* _Exercise description_
From the records below, output exactly the lines running from the line containing "pub signals : ℕ" through the line containing "unfolding delete_call", and no others.

##### Exercise input #####

-- ===== src/Engine/Device.antt =====
-- engine/device.go: the inbox of a device, its table of calls, and its registration.
-- A call is known here by its identity, a number that stands for the pointer.
pub mod Claiming
pub mod Table
pub mod Registering
pub mod Addressing
use xk6_sip.Common.{
  ℕ, ◌+◌, ◌%◌, ◌^◌, max, Bool, true, false, not, ◌&&◌, ◌||◌, Option, none, some, List, [], ◌∷◌,
  ◌++◌, if◌then◌else◌, ltb, leb, ◌==◌,
}
use xk6_sip.Common.Int.{ℤ, pos, negsuc}
use xk6_sip.Common.Text.{Text, codes, text_eq, is_empty, trim_space, atoi}

-- The separators that are no part of a number.
abbrev is_separator : ℕ → Bool
is_separator c = c == b' ' || c == b'-' || c == b'(' || c == b')' || c == b'.'

unfoldable pub without_separators : Text → Text
without_separators [] = []
without_separators (c ∷ s) =
    let rest = without_separators s in if is_separator c then rest else c ∷ rest

unfoldable pub trim_plus : Text → Text
trim_plus [] = []
trim_plus (c ∷ s) = if c == b'+' then s else c ∷ s

unfoldable pub normalize_number : Text → Text
unfolding without_separators trim_plus
normalize_number s = without_separators (trim_plus (trim_space s))

unfoldable pub numbers_match : Text → Text → Bool
unfolding normalize_number
numbers_match expected got =
    if is_empty expected then true else text_eq (normalize_number expected) (normalize_number got)

pub record Incoming : Type 0 where
  pub id : ℕ
  pub remote : Text
  pub ended : Bool
  pub t_start : ℕ

pub record Inbox : Type 0 where
  pub calls : List Incoming
  pub signals : ℕ  -- how often `inSignal` was closed and made anew

unfoldable pub deliver : Inbox → Incoming → Inbox
deliver b c = record { calls = b.calls ++ c ∷ []; signals = b.signals + 1 }

abbrev is_none : Option Incoming → Bool
is_none none = true
is_none (some c) = false

-- Whether the loop of `ExpectCall` claims a call, given what it has found before.
unfoldable pub claims : Text → Option Incoming → Incoming → Bool
claims caller found c = not c.ended && (is_none found && numbers_match caller c.remote)

-- The loop over the inbox: what was found in the end, and what is kept.
unfoldable pub scan : Text → Option Incoming → List Incoming → Option Incoming × List Incoming
unfolding claims
scan caller found [] = (found, [])
scan caller found (c ∷ cs) =
    let claimed = claims caller found c in
    let rest = scan caller (if claimed then some c else found) cs in
    if c.ended || claimed then rest else (rest.0, c ∷ rest.1)

unfoldable pub expect_call : Text → Inbox → Option Incoming × Inbox
expect_call caller b = let r = scan caller none b.calls in (r.0, record b { calls = r.1 })

-- `calls`, the newest entry of a Call-ID first.
abbrev pub Calls : Type 0
Calls = List (Text × ℕ)

unfoldable pub find_call : Calls → Text → Option ℕ
find_call [] id = none
find_call ((k, c) ∷ cs) id = let rest = find_call cs id in if text_eq k id then some c else rest

unfoldable pub delete_call : Calls → Text → Calls
delete_call [] id = []
delete_call ((k, c) ∷ cs) id =
    let rest = delete_call cs id in if text_eq k id then rest else (k, c) ∷ rest

unfoldable pub add_call : Calls → Text → ℕ → Calls
unfolding delete_call
add_call cs id c = (id, c) ∷ delete_call cs id

abbrev pub is_call : Option ℕ → ℕ → Bool
is_call none c = false
is_call (some d) c = d == c

-- `removeCall`: only an entry that still is this call is deleted.
unfoldable pub remove_call : Calls → Text → ℕ → Calls
unfolding find_call delete_call
remove_call cs id c = if is_call (find_call cs id) c then delete_call cs id else cs

pub record Registration : Type 0 where
  pub cseq : ℕ  -- uint32
  pub registered : Bool
  pub refresh_in : Option ℕ  -- in ms, of the timer that runs

unfoldable pub schedule_refresh : Registration → ℕ → Registration
schedule_refresh r after = record r { refresh_in = some (max after 1000) }

-- A Contact of a response: its host and port, and its parameter `expires`.
pub record Contact : Type 0 where
  pub host : Text
  pub port : ℕ
  pub expires : Option Text

abbrev positive : Option ℤ → Option ℕ
positive none = none
positive (some (negsuc n)) = none
positive (some (pos n)) = if n == 0 then none else some n

abbrev positive_text : Option Text → Option ℕ
positive_text none = none
positive_text (some t) = positive (atoi t)

abbrev or_next : Option ℕ → Option ℕ → Option ℕ
or_next none n = n
or_next (some m) n = some m

-- The first contact of ours that says how long it is registered.
unfoldable pub contact_expires : Contact → List Contact → Option ℕ
contact_expires ours [] = none
contact_expires ours (c ∷ cs) =
    let rest = contact_expires ours cs in
    if text_eq c.host ours.host && c.port == ours.port
    then or_next (positive_text c.expires) rest
    else rest

abbrev or_requested : Option ℕ → ℕ → ℕ
or_requested none n = n
or_requested (some m) n = m

abbrev trimmed : Option Text → Option Text
trimmed none = none
trimmed (some t) = some (trim_space t)

unfoldable pub granted_expires : List Contact → Option Text → Contact → ℕ → ℕ
unfolding contact_expires
granted_expires contacts header ours requested =
    or_requested (or_next (contact_expires ours contacts) (positive_text (trimmed header)))
      requested

-- What the network says: a status, or `none` for an error; then what the request with credentials
-- comes to, and the CSeq that it carried;
-- and the contacts and the Expires header of the last response.
pub record Reply : Type 0 where
  pub first : Option ℕ
  pub second : Option ℕ
  pub second_cseq : ℕ
  pub contacts : List Contact
  pub expires : Option Text

abbrev pub is_challenge : Option ℕ → Bool
is_challenge none = false
is_challenge (some n) = n == 401 || n == 407

abbrev pub is_ok : Option ℕ → Bool
is_ok none = false
is_ok (some n) = n == 200

unfoldable pub after_reply : Registration → ℕ → Option ℕ → ℕ → ℕ → Registration × Bool
unfolding schedule_refresh
after_reply r expires res retry_in refresh_in =
    if expires == 0
    then (record r { registered = false }, is_ok res)
    else if is_ok res
    then (schedule_refresh (record r { registered = true }) refresh_in, true)
    else (schedule_refresh (record r { registered = false }) retry_in, false)

-- `register` behind the rate limit, with the delay of a retry that it draws, and the delay of a refresh
-- that it draws for a granted lifetime: whether it succeeded.
unfoldable pub register : Registration → Contact → ℕ → Reply → ℕ → (ℕ → ℕ) → Registration × Bool
unfolding after_reply granted_expires
register r ours expires rep retry_in refresh_of =
    let sent : Registration = record r { cseq = (r.cseq + 1) % 2 ^ 32 } in
    let refresh_in = refresh_of (granted_expires rep.contacts rep.expires ours expires) in
    if is_challenge rep.first
    then after_reply (record sent { cseq = rep.second_cseq }) expires rep.second retry_in refresh_in
    else after_reply sent expires rep.first retry_in refresh_in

#####

* _Completed task_
  pub signals : ℕ  -- how often `inSignal` was closed and made anew

unfoldable pub deliver : Inbox → Incoming → Inbox
deliver b c = record { calls = b.calls ++ c ∷ []; signals = b.signals + 1 }

abbrev is_none : Option Incoming → Bool
is_none none = true
is_none (some c) = false

-- Whether the loop of `ExpectCall` claims a call, given what it has found before.
unfoldable pub claims : Text → Option Incoming → Incoming → Bool
claims caller found c = not c.ended && (is_none found && numbers_match caller c.remote)

-- The loop over the inbox: what was found in the end, and what is kept.
unfoldable pub scan : Text → Option Incoming → List Incoming → Option Incoming × List Incoming
unfolding claims
scan caller found [] = (found, [])
scan caller found (c ∷ cs) =
    let claimed = claims caller found c in
    let rest = scan caller (if claimed then some c else found) cs in
    if c.ended || claimed then rest else (rest.0, c ∷ rest.1)

unfoldable pub expect_call : Text → Inbox → Option Incoming × Inbox
expect_call caller b = let r = scan caller none b.calls in (r.0, record b { calls = r.1 })

-- `calls`, the newest entry of a Call-ID first.
abbrev pub Calls : Type 0
Calls = List (Text × ℕ)

unfoldable pub find_call : Calls → Text → Option ℕ
find_call [] id = none
find_call ((k, c) ∷ cs) id = let rest = find_call cs id in if text_eq k id then some c else rest

unfoldable pub delete_call : Calls → Text → Calls
delete_call [] id = []
delete_call ((k, c) ∷ cs) id =
    let rest = delete_call cs id in if text_eq k id then rest else (k, c) ∷ rest

unfoldable pub add_call : Calls → Text → ℕ → Calls
unfolding delete_call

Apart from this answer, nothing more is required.